▶ _Problem description_: Quote the entries below from the line with "Served (the requests" through the line with "-- least one", both ends included, and only those lines.

(Data items)
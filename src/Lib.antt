-- ===== src/Lib.antt =====
-- snow-cli is a command-line client of ServiceNow, written in Rust, with two executables: snow-cli,
-- and snow-cli-ro, which offers only commands that read. A command line is parsed into a `Commands`
-- value (src/cli/args.rs), the execution policy decides whether it may run (src/policy.rs), and its
-- implementation calls the client (src/client/), which checks each request against the policy again.
-- The values of arguments that go into URLs and queries are parsed into types that cannot hold a
-- dangerous text (src/models/identifiers.rs, src/models/order_by.rs).
--
-- Which file models which part:
--   Base and its children: text as the list of its code points, the functions of `str`, `char` and
--     `usize` that the program calls, lists measured by native numbers, results.
--   Identifiers: src/models/identifiers.rs. `table_name`, `sys_id`, `path_segment` and
--     `encoded_query_value` are the `TryFrom<String>` implementations, with their messages.
--   OrderBy: src/models/order_by.rs. `parse` is `FromStr`, `to_string` is `Display`, the rest keeps
--     its names. Children: Pieces, Carets and Canonical (the text functions on joined clauses and on
--     valid keys), RoundTrip, Query and Fields (the properties), Tests.
--   Pagination: src/client/pagination.rs.
--   Table: src/client/table.rs. The request function `get_with_params` is a parameter that takes the
--     state of the client and returns the state after it. `round` is one pass through the loop's
--     body, `take_page` what it does with a parsed page, `loop` the loop. Children: Rounds, Bounds,
--     Pages and Complete (what a round keeps), Fetch (the properties), Tests.
--   Policy: src/policy.rs; Policy/Commands: src/cli/args.rs and src/cli/args/; Policy/ReadOnlyCli:
--     src/cli/readonly_args.rs. Each nested `match` of `read_only_command_decision` is a function
--     (`table_decision`, `snu_decision`, ...) in Policy/Decisions. What a command carries beside a
--     nested subcommand is a value of a parameter type `F`, since the policy and the mapping only
--     pass it on. Other children: Surface, Permitted and Exports (the two surfaces beside the policy),
--     Laws (the properties), Tests.
--   Origin: the checks on URLs of src/client/core.rs, over the `url` crate as a parameter. Children:
--     Laws, Tests.
--   Cookies: `extract_jsessionid_from_headers` of src/client/session.rs and `merge_cookie_header` of
--     src/config/native_session.rs. Children: Laws (the merged list as an abstract map), Tests.
--   Json: the values of `serde_json`; the parser is a parameter where one is used.
--   ApiError: `ApiError::from_status` of src/client/error.rs and what it calls; ApiError/Scrub:
--     `scrub_secrets`, on the rest of the text where the source has indices into its bytes. Other
--     children: Fuel (lemmas on its fuel), Redact and Laws (the properties), Tests.
--   Transport: src/client/transport.rs from `get` to `request_inner`, and
--     `observe_session_response_headers` of src/client/session.rs. A computation is a function of the
--     client that gives a result and the client after it (`Action`); the authenticator, reqwest and
--     the clock are a record of operations (`World`). The client has one field more than in the
--     source, the events so far, so that what was sent can be stated. `send` is the loop's body up
--     to the response, `settle` and `renew` are the retry, `attempts` is the loop. Children: Runs and
--     Laws (the loop as a relation on events and states of the world), Drafts (the requests of a run), Requests (the
--     properties), Tests.
--   Gates: src/snu/gates.rs and `normalize_origin` of src/snu/protocol.rs; Gates/Preflight: the
--     decisions of `negotiate_capabilities` and `preflight` of src/snu/bridge.rs, with the helper
--     status at the three points where the task reads it. Children: Snapshots, Classify and Decisions
--     (the properties), Tests.
--   Bridge: the connection to the helper tab of src/snu/bridge.rs, and the messages of
--     src/snu/protocol.rs. The functions that run as tasks (`attach_connection`, `detach_connection`,
--     `deliver_message`, `heartbeat_loop`, the part of `request_bound` under the lock) are programs
--     of steps, a step for each lock or atomic operation; a step relation lets the tasks take turns
--     in any order, begin, and be cut off where an abort or a dropped future cuts them off.
--     Bridge/Messages: the messages and matchers; State: what the tasks share; Steps: `run_task` and
--     the relation. Children for proofs: Cases, Waiters, Tended and Waiting (who fails a request),
--     Drained, Current and Generations, Support (the helper's status), Answers and Answered, Tests.
--   Broker: the broker of src/snu/broker.rs. Sessions is `BrokerState` with its methods, over Origins,
--     a `HashMap` as the list of its entries in the order of its iteration; `BrokerOp` is what happens
--     to the state under its lock. Dispatch is the part of `dispatch` for actions, over Events: what is
--     done is a list of events, and what the bridge, the user and the clock answer at each point is an
--     `Environment`. `send_action_with_refresh` and `send_legacy_action_with_refresh`, which differ
--     in what they wait for and in what they require of the helper, are one function over a `Route`.
--     Control is the rest of `dispatch` that concerns sessions. Lower case and the codec of a session
--     are parameters. Children for proofs: Cells and Kept (the sessions), Course and Discipline (what
--     is sent), Replies (what comes back), Codecs and Target (to which instance), Served (the requests
--     on sessions), Tests. The status report, the files of the sessions, the sockets between the
--     processes and the lock that lets one legacy action pass at a time are not modelled.
--   Trees: `BTreeMap` and `BTreeSet` with text keys, as ascending lists; Trees/Laws: their lemmas.
--   Dataset: packages of tables, src/cli/commands/data/package.rs. Types: the types and a record's
--     values as text; Order: `topo_sort_dependencies`, with its queue and the maps it changes;
--     Tables: `topological_table_order` and `topological_manifest_order`, which are one function on
--     what they read of a table, `required_source_keys` and `manifest_table_map`; Validate: the checks
--     of the references in `build_package_validation_report`, an issue being without its message;
--     Import: `remap_reference_fields` and the loops of the import; Package: `handle_import_package`.
--     The files are a function, the server is an operation that creates a record, and what the checks
--     by the schema find is a parameter. Children for proofs: Edges, Visits, Left, Rounds and Sorted
--     (the order), Files, Required and Ordered (the maps), Ids, Remap, Records, Resolved, Known and
--     Complete (the import), Imported (the package), Tests. The export is not modelled.
--   Preview: `preview_record_fields` of src/cli/truncation.rs. Children: Fields and Pointer (the
--     properties), Tests.
--   ErrorReport: src/error.rs, with `ValidationIssue` of src/models/validation.rs and
--     `classify_auth_failure` of src/auth/mod.rs. An `anyhow` error is its text and the typed errors of
--     its chain; each downcast of `known_error_output_and_exit_code` has its place in the order in which
--     they are tried, and the error with the first place is written. Children: Errors (the types),
--     Bodies (the parts of what is written), Laws and Chains (the properties), Tests.
--
-- Bounds and fuel. `usize` has 64 bits: `checked_add` and `saturating_add` write out the limit, and
-- the decimal parser refuses what lies behind it. The pagination loop runs on fuel; with pages of at
-- least one record, one round more than there are offsets left in a machine word is enough for any
-- server, and one round more than the limit if there is one. A page size of 0 without a limit is
-- excluded, since the program then repeats the same request as long as the server answers. The loop
-- of `scrub_secrets` has the length of its text as fuel, and takes a character off in each round; the
-- retry recurses on the number of retries that are left.
--
-- Not modelled: the network, the files, the keychain, the terminal, log lines, JSON and URL parsing
-- (parameters where they are needed), and the commands that only call the client and print.
mod Base
pub mod Identifiers
pub mod OrderBy
pub mod Pagination
pub mod Table
pub mod ErrorReport
pub mod Policy
pub mod Origin
pub mod Cookies
pub mod Json
pub mod ApiError
pub mod Transport
pub mod Gates
pub mod Bridge
pub mod Broker
pub mod Trees
pub mod Dataset
pub mod Preview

▶ _Output for this exercise_:
--     is sent), Replies (what comes back), Codecs and Target (to which instance), Served (the requests
--     on sessions), Tests. The status report, the files of the sessions, the sockets between the
--     processes and the lock that lets one legacy action pass at a time are not modelled.
--   Trees: `BTreeMap` and `BTreeSet` with text keys, as ascending lists; Trees/Laws: their lemmas.
--   Dataset: packages of tables, src/cli/commands/data/package.rs. Types: the types and a record's
--     values as text; Order: `topo_sort_dependencies`, with its queue and the maps it changes;
--     Tables: `topological_table_order` and `topological_manifest_order`, which are one function on
--     what they read of a table, `required_source_keys` and `manifest_table_map`; Validate: the checks
--     of the references in `build_package_validation_report`, an issue being without its message;
--     Import: `remap_reference_fields` and the loops of the import; Package: `handle_import_package`.
--     The files are a function, the server is an operation that creates a record, and what the checks
--     by the schema find is a parameter. Children for proofs: Edges, Visits, Left, Rounds and Sorted
--     (the order), Files, Required and Ordered (the maps), Ids, Remap, Records, Resolved, Known and
--     Complete (the import), Imported (the package), Tests. The export is not modelled.
--   Preview: `preview_record_fields` of src/cli/truncation.rs. Children: Fields and Pointer (the
--     properties), Tests.
--   ErrorReport: src/error.rs, with `ValidationIssue` of src/models/validation.rs and
--     `classify_auth_failure` of src/auth/mod.rs. An `anyhow` error is its text and the typed errors of
--     its chain; each downcast of `known_error_output_and_exit_code` has its place in the order in which
--     they are tried, and the error with the first place is written. Children: Errors (the types),
--     Bodies (the parts of what is written), Laws and Chains (the properties), Tests.
--
-- Bounds and fuel. `usize` has 64 bits: `checked_add` and `saturating_add` write out the limit, and
-- the decimal parser refuses what lies behind it. The pagination loop runs on fuel; with pages of at
-- least one record, one round more than there are offsets left in a machine word is enough for any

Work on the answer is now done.